Biological, Environmental, and Earth Sciences


We reported previously that mouse embryonic stem cells do not have a functional IFN-based antiviral mechanism. The current study extends our investigation to the inflammatory response in mouse embryonic stem cells and mouse embryonic stem cell–differentiated cells. We demonstrate that LPS, TNF-α, and viral infection, all of which induce robust inflammatory responses in naturally differentiated cells, failed to activate NF-κB, the key transcription factor that mediates inflammatory responses, and were unable to induce the expression of inflammatory genes in mouse embryonic stem cells. Similar results were obtained in human embryonic stem cells. In addition to the inactive state of NF-κB, the deficiency in the inflammatory response in mouse embryonic stem cells is also attributed to the lack of functional receptors for LPS and TNF-α. In vitro differentiation can trigger the development of the inflammatory response mechanism, as indicated by the transition of NF-κB from its inactive to active state. However, a limited response to TNF-α and viral infection, but not to LPS, was observed in mouse embryonic stem cell–differentiated fibroblasts.

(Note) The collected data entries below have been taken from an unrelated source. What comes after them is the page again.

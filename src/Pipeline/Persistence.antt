-- ===== src/Pipeline/Persistence.antt =====
-- src/acquire_intel/pipeline/persistence.py: the last stage, which buffers the items of a run and
-- writes all of them at its end, or none. A transaction of `session_scope` is taken to succeed.
pub mod Laws
use acquire_intel.Prelude.{
  ℕ, ◌+◌, Bool, true, false, Option, none, some, List, [], ◌∷◌, ◌++◌, if◌then◌else◌, Text, length,
}
use acquire_intel.Storage.Models.{Database}
use acquire_intel.Storage.Models as Rows
use acquire_intel.Storage.Products.{upsert}
use acquire_intel.Storage.Observations.{append}
use acquire_intel.Storage.Runs.{baseline_count}
use acquire_intel.Pipeline.Spiders.{
  Spider, source_id_of, run_id_of, is_enabled, QualityIssue, volume_anomaly, items_persisted,
  quality_quarantined, quality, PipelineStats, inc_stat,
}
use acquire_intel.Pipeline.Normalize.{Product, NormalizedItem}
use acquire_intel.Pipeline.Items.{Item, normalized}
use acquire_intel.Pipeline.Quality.{GateThresholds, check_volume}

pub record PersistencePipeline : Type 0 where
  pub enabled : Bool
  pub source_id : Text
  pub run_id : Text
  pub thresholds : GateThresholds
  pub buffer : List NormalizedItem
  pub persisted : ℕ
  pub baseline : Option ℕ
  pub stats : PipelineStats

unfoldable pub open_spider :
    GateThresholds → PipelineStats → Spider → Database → PersistencePipeline
open_spider thresholds stats spider db = record {
  enabled = is_enabled spider;
  source_id = source_id_of spider;
  run_id = run_id_of spider;
  thresholds = thresholds;
  buffer = [];
  persisted = 0;
  baseline =
      if is_enabled spider
      then baseline_count (source_id_of spider) (run_id_of spider) db
      else none;
  stats = stats;
}

unfoldable pub process_item : Item → PersistencePipeline → PersistencePipeline
process_item (normalized item) p =
    if p.enabled then record p { buffer = p.buffer ++ item ∷ [] } else p
process_item item p = p

-- The row that `ProductRepository.upsert` makes of a product.
abbrev pub row_of : Product → Rows.Product
row_of product = record {
  id = product.id;
  source_id = product.source_id;
  external_id = product.external_id;
  title = product.title;
  brand = product.brand;
  url = product.url;
  image_url = product.image_url;
  first_seen_at = product.first_seen_at;
  last_seen_at = product.last_seen_at;
}

-- The loop over the buffer.
unfoldable pub flush :
    List NormalizedItem → PersistencePipeline → Database → PersistencePipeline × Database
flush [] p db = (p, db)
flush (item ∷ items) p db =
    flush items (record p { persisted = p.persisted + 1; stats = inc_stat items_persisted p.stats })
      (append item.observation (upsert (row_of item.product) db))

abbrev closed :
    Option QualityIssue → PersistencePipeline → Database → PersistencePipeline × Database
unfolding flush
closed (some volume_anomaly) p db = (
  record p { stats = inc_stat (quality volume_anomaly) (inc_stat quality_quarantined p.stats) },
  db,
)
closed issue p db = flush p.buffer p db

unfoldable pub close_spider : PersistencePipeline → Database → PersistencePipeline × Database
unfolding flush
close_spider p db =
    if p.enabled
    then closed (check_volume (length p.buffer) p.baseline p.thresholds) p db
    else (p, db)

We conclude that the inflammatory response mechanism is not active in mouse embryonic stem cells, and in vitro differentiation promotes only partial development of this mechanism. Together with our previous studies, the findings described in this article demonstrate that embryonic stem cells are fundamentally different from differentiated somatic cells in their innate immunity, which may have important implications in developmental biology, immunology, and embryonic stem cell–based regenerative medicine.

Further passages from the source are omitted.